**HOW TO COMPLETE THIS TASK:**
Nothing but an exact repeat of the entries below should appear in your answer.

**Records from a data collection:**
◆ ◆ ◆

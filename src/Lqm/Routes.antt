-- ===== src/Lqm/Routes.antt =====
-- internal/services/lqm/lqm.go, `updateRoutes`: the counts of routes. The trackers that the map of
-- addresses points to are named by their keys.
pub mod Owners
pub mod Tally
pub mod Totals
use mesh_manager.Common.{
  ℕ, zero, suc, ◌+◌, ◌≤◌, Bool, true, false, not, ◌&&◌, ◌||◌, List, [], ◌∷◌, ◌++◌, Option, none,
  some, Bytes, codes, equal, ltb, ◌==◌, if◌then◌else◌, load, store, parse_digits, contains, Piece,
  lit, any_star, any_plus, group, in_word, in_number, match_at,
}
use mesh_manager.Lqm.{Floats, Tracker}
use mesh_manager.Lqm.Neighbors.{clamped, word}

-- `math.MaxInt32`.
abbrev pub max_metric : ℕ
max_metric = 2147483647

abbrev pub route_regex : List Piece
route_regex =
    lit (codes "add route ")
    ∷ any_plus
    ∷ lit (codes " prefix ")
    ∷ group (λ c. not (c == b' ' || c == b'/'))
    ∷ lit (codes "/")
    ∷ group in_number
    ∷ lit (codes " ")
    ∷ any_star
    ∷ lit (codes " installed yes ")
    ∷ any_star
    ∷ lit (codes " metric ")
    ∷ group in_number
    ∷ lit (codes " ")
    ∷ any_star
    ∷ lit (codes " nexthop ")
    ∷ word
    ∷ []

pub record Route : Type 0 where
  pub prefix : Bytes
  pub prefix_len : Bytes
  pub metric : ℕ
  pub via : Bytes

-- The metric is a row of digits, of which an error of `Atoi` leaves the largest int.
abbrev pub route_of : Option (List Bytes) → Option Route
route_of (some (prefix ∷ len ∷ metric ∷ via ∷ [])) = some record {
  prefix = prefix;
  prefix_len = len;
  metric = clamped 9223372036854775807 (parse_digits metric);
  via = via;
}
route_of _ = none

unfoldable pub parse_route : Bytes → Option Route
unfolding match_at
parse_route line = route_of (match_at route_regex line)

abbrev pub is_counted : Route → Bool
is_counted r = contains r.prefix (codes ".") && not (r.metric == 65535)

-- The lines up to "ok": the routes that are counted.
unfoldable pub counted_routes : List Bytes → List Route
counted_routes [] = []
counted_routes (line ∷ lines) =
    let rest = counted_routes lines in
    if equal line (codes "ok")
    then []
    else elim (parse_route line) [ none ↦ rest | some r ↦ if is_counted r then r ∷ rest else rest ]

abbrev pub is_node_route : Route → Bool
is_node_route r = equal r.prefix_len (codes "32")

-- The counts of a tracker.
module _ (F : Type 0) where
  abbrev pub Trackers : Type 0
  Trackers = List (Bytes × Tracker F)

  abbrev pub cleared : Tracker F → Tracker F
  cleared t = record t {
    node_route_count = 0;
    babel_route_count = 0;
    babel_metric = max_metric;
    routable = false;
  }

  unfoldable pub clear_counts : Trackers → Trackers
  clear_counts [] = []
  clear_counts ((mac, t) ∷ ts) = (mac, cleared t) ∷ clear_counts ts

  -- The addresses of a tracker: its link-local one, and its IP or else its canonical one.
  abbrev pub by_ipv6ll : Bytes → Tracker F → List (Bytes × Bytes) → List (Bytes × Bytes)
  by_ipv6ll mac t m = if equal t.ipv6ll [] then m else store t.ipv6ll mac m

  abbrev pub by_ip : Bytes → Tracker F → List (Bytes × Bytes) → List (Bytes × Bytes)
  by_ip mac t m =
      if not (equal t.ip [])
      then store t.ip mac m
      else if not (equal t.remote.canonical_ip [])
      then store t.remote.canonical_ip mac m
      else m

  unfoldable pub addresses : Trackers → List (Bytes × Bytes) → List (Bytes × Bytes)
  addresses [] m = m
  addresses ((mac, t) ∷ ts) m = addresses ts (by_ip mac t (by_ipv6ll mac t m))

  abbrev pub counted : Route → Tracker F → Tracker F
  counted r t = record t {
    routable = true;
    babel_route_count = t.babel_route_count + 1;
    node_route_count = t.node_route_count + (if is_node_route r then 1 else 0);
    babel_metric = if ltb r.metric t.babel_metric then r.metric else t.babel_metric;
  }

  -- The change of the tracker that a key names.
  unfoldable pub change : Bytes → (Tracker F → Tracker F) → Trackers → Trackers
  change mac f [] = []
  change mac f ((k, t) ∷ ts) = if equal k mac then (k, f t) ∷ ts else (k, t) ∷ change mac f ts

  pub record Counts : Type 0 where
    pub trackers : Trackers
    pub total_routes : ℕ
    pub total_node_routes : ℕ

  abbrev pub count_via : Route → Option Bytes → Counts → Counts
  count_via r none c = record c { total_routes = c.total_routes + 1 }
  count_via r (some mac) c = record {
    trackers = change mac (counted r) c.trackers;
    total_routes = c.total_routes + 1;
    total_node_routes = c.total_node_routes + (if is_node_route r then 1 else 0);
  }

  unfoldable pub count_routes : List (Bytes × Bytes) → List Route → Counts → Counts
  count_routes m [] c = c
  count_routes m (r ∷ rs) c = count_routes m rs (count_via r (load r.via m) c)

  abbrev pub settled : Tracker F → Tracker F
  settled t = if t.babel_metric == max_metric then record t { babel_metric = 0 } else t

  unfoldable pub settle_metrics : Trackers → Trackers
  settle_metrics [] = []
  settle_metrics ((mac, t) ∷ ts) = (mac, settled t) ∷ settle_metrics ts

  -- `updateRoutes` once the socket is written to: the trackers with the new totals.
  unfoldable pub update_routes : List Bytes → Trackers → Counts
  unfolding clear_counts addresses count_routes
  update_routes lines ts =
      let c =
        count_routes (addresses ts []) (counted_routes lines)
          (record { trackers = clear_counts ts; total_routes = 0; total_node_routes = 0 }) in
      record c { trackers = settle_metrics c.trackers }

◆ ◆ ◆

**TASK SOLUTION:**
filename src/Lqm/Routes.antt
-- ===== src/Lqm/Routes.antt =====
-- internal/services/lqm/lqm.go, `updateRoutes`: the counts of routes. The trackers that the map of
-- addresses points to are named by their keys.
pub mod Owners
pub mod Tally
pub mod Totals
use mesh_manager.Common.{
  ℕ, zero, suc, ◌+◌, ◌≤◌, Bool, true, false, not, ◌&&◌, ◌||◌, List, [], ◌∷◌, ◌++◌, Option, none,
  some, Bytes, codes, equal, ltb, ◌==◌, if◌then◌else◌, load, store, parse_digits, contains, Piece,
  lit, any_star, any_plus, group, in_word, in_number, match_at,
}
use mesh_manager.Lqm.{Floats, Tracker}
use mesh_manager.Lqm.Neighbors.{clamped, word}

-- `math.MaxInt32`.
abbrev pub max_metric : ℕ
max_metric = 2147483647

abbrev pub route_regex : List Piece
route_regex =
    lit (codes "add route ")
    ∷ any_plus
    ∷ lit (codes " prefix ")
    ∷ group (λ c. not (c == b' ' || c == b'/'))
    ∷ lit (codes "/")
    ∷ group in_number
    ∷ lit (codes " ")
    ∷ any_star
    ∷ lit (codes " installed yes ")
    ∷ any_star
    ∷ lit (codes " metric ")
    ∷ group in_number
    ∷ lit (codes " ")
    ∷ any_star
    ∷ lit (codes " nexthop ")
    ∷ word
    ∷ []

pub record Route : Type 0 where
  pub prefix : Bytes
  pub prefix_len : Bytes
  pub metric : ℕ
  pub via : Bytes

-- The metric is a row of digits, of which an error of `Atoi` leaves the largest int.
abbrev pub route_of : Option (List Bytes) → Option Route
route_of (some (prefix ∷ len ∷ metric ∷ via ∷ [])) = some record {
  prefix = prefix;
  prefix_len = len;
  metric = clamped 9223372036854775807 (parse_digits metric);
  via = via;
}
route_of _ = none

unfoldable pub parse_route : Bytes → Option Route
unfolding match_at
parse_route line = route_of (match_at route_regex line)

abbrev pub is_counted : Route → Bool
is_counted r = contains r.prefix (codes ".") && not (r.metric == 65535)

-- The lines up to "ok": the routes that are counted.
unfoldable pub counted_routes : List Bytes → List Route
counted_routes [] = []
counted_routes (line ∷ lines) =
    let rest = counted_routes lines in
    if equal line (codes "ok")
    then []
    else elim (parse_route line) [ none ↦ rest | some r ↦ if is_counted r then r ∷ rest else rest ]

abbrev pub is_node_route : Route → Bool
is_node_route r = equal r.prefix_len (codes "32")

-- The counts of a tracker.
module _ (F : Type 0) where
  abbrev pub Trackers : Type 0
  Trackers = List (Bytes × Tracker F)

  abbrev pub cleared : Tracker F → Tracker F
  cleared t = record t {
    node_route_count = 0;
    babel_route_count = 0;
    babel_metric = max_metric;
    routable = false;
  }

  unfoldable pub clear_counts : Trackers → Trackers
  clear_counts [] = []
  clear_counts ((mac, t) ∷ ts) = (mac, cleared t) ∷ clear_counts ts

  -- The addresses of a tracker: its link-local one, and its IP or else its canonical one.
  abbrev pub by_ipv6ll : Bytes → Tracker F → List (Bytes × Bytes) → List (Bytes × Bytes)
  by_ipv6ll mac t m = if equal t.ipv6ll [] then m else store t.ipv6ll mac m

  abbrev pub by_ip : Bytes → Tracker F → List (Bytes × Bytes) → List (Bytes × Bytes)
  by_ip mac t m =
      if not (equal t.ip [])
      then store t.ip mac m
      else if not (equal t.remote.canonical_ip [])
      then store t.remote.canonical_ip mac m
      else m

  unfoldable pub addresses : Trackers → List (Bytes × Bytes) → List (Bytes × Bytes)
  addresses [] m = m
  addresses ((mac, t) ∷ ts) m = addresses ts (by_ip mac t (by_ipv6ll mac t m))

  abbrev pub counted : Route → Tracker F → Tracker F
  counted r t = record t {
    routable = true;
    babel_route_count = t.babel_route_count + 1;
    node_route_count = t.node_route_count + (if is_node_route r then 1 else 0);
    babel_metric = if ltb r.metric t.babel_metric then r.metric else t.babel_metric;
  }

  -- The change of the tracker that a key names.
  unfoldable pub change : Bytes → (Tracker F → Tracker F) → Trackers → Trackers
  change mac f [] = []
  change mac f ((k, t) ∷ ts) = if equal k mac then (k, f t) ∷ ts else (k, t) ∷ change mac f ts

  pub record Counts : Type 0 where
    pub trackers : Trackers
    pub total_routes : ℕ
    pub total_node_routes : ℕ

  abbrev pub count_via : Route → Option Bytes → Counts → Counts
  count_via r none c = record c { total_routes = c.total_routes + 1 }
  count_via r (some mac) c = record {
    trackers = change mac (counted r) c.trackers;
    total_routes = c.total_routes + 1;
    total_node_routes = c.total_node_routes + (if is_node_route r then 1 else 0);
  }

  unfoldable pub count_routes : List (Bytes × Bytes) → List Route → Counts → Counts
  count_routes m [] c = c
  count_routes m (r ∷ rs) c = count_routes m rs (count_via r (load r.via m) c)

  abbrev pub settled : Tracker F → Tracker F
  settled t = if t.babel_metric == max_metric then record t { babel_metric = 0 } else t

  unfoldable pub settle_metrics : Trackers → Trackers
  settle_metrics [] = []
  settle_metrics ((mac, t) ∷ ts) = (mac, settled t) ∷ settle_metrics ts

  -- `updateRoutes` once the socket is written to: the trackers with the new totals.
  unfoldable pub update_routes : List Bytes → Trackers → Counts
  unfolding clear_counts addresses count_routes
  update_routes lines ts =
      let c =
        count_routes (addresses ts []) (counted_routes lines)
          (record { trackers = clear_counts ts; total_routes = 0; total_node_routes = 0 }) in
      record c { trackers = settle_metrics c.trackers }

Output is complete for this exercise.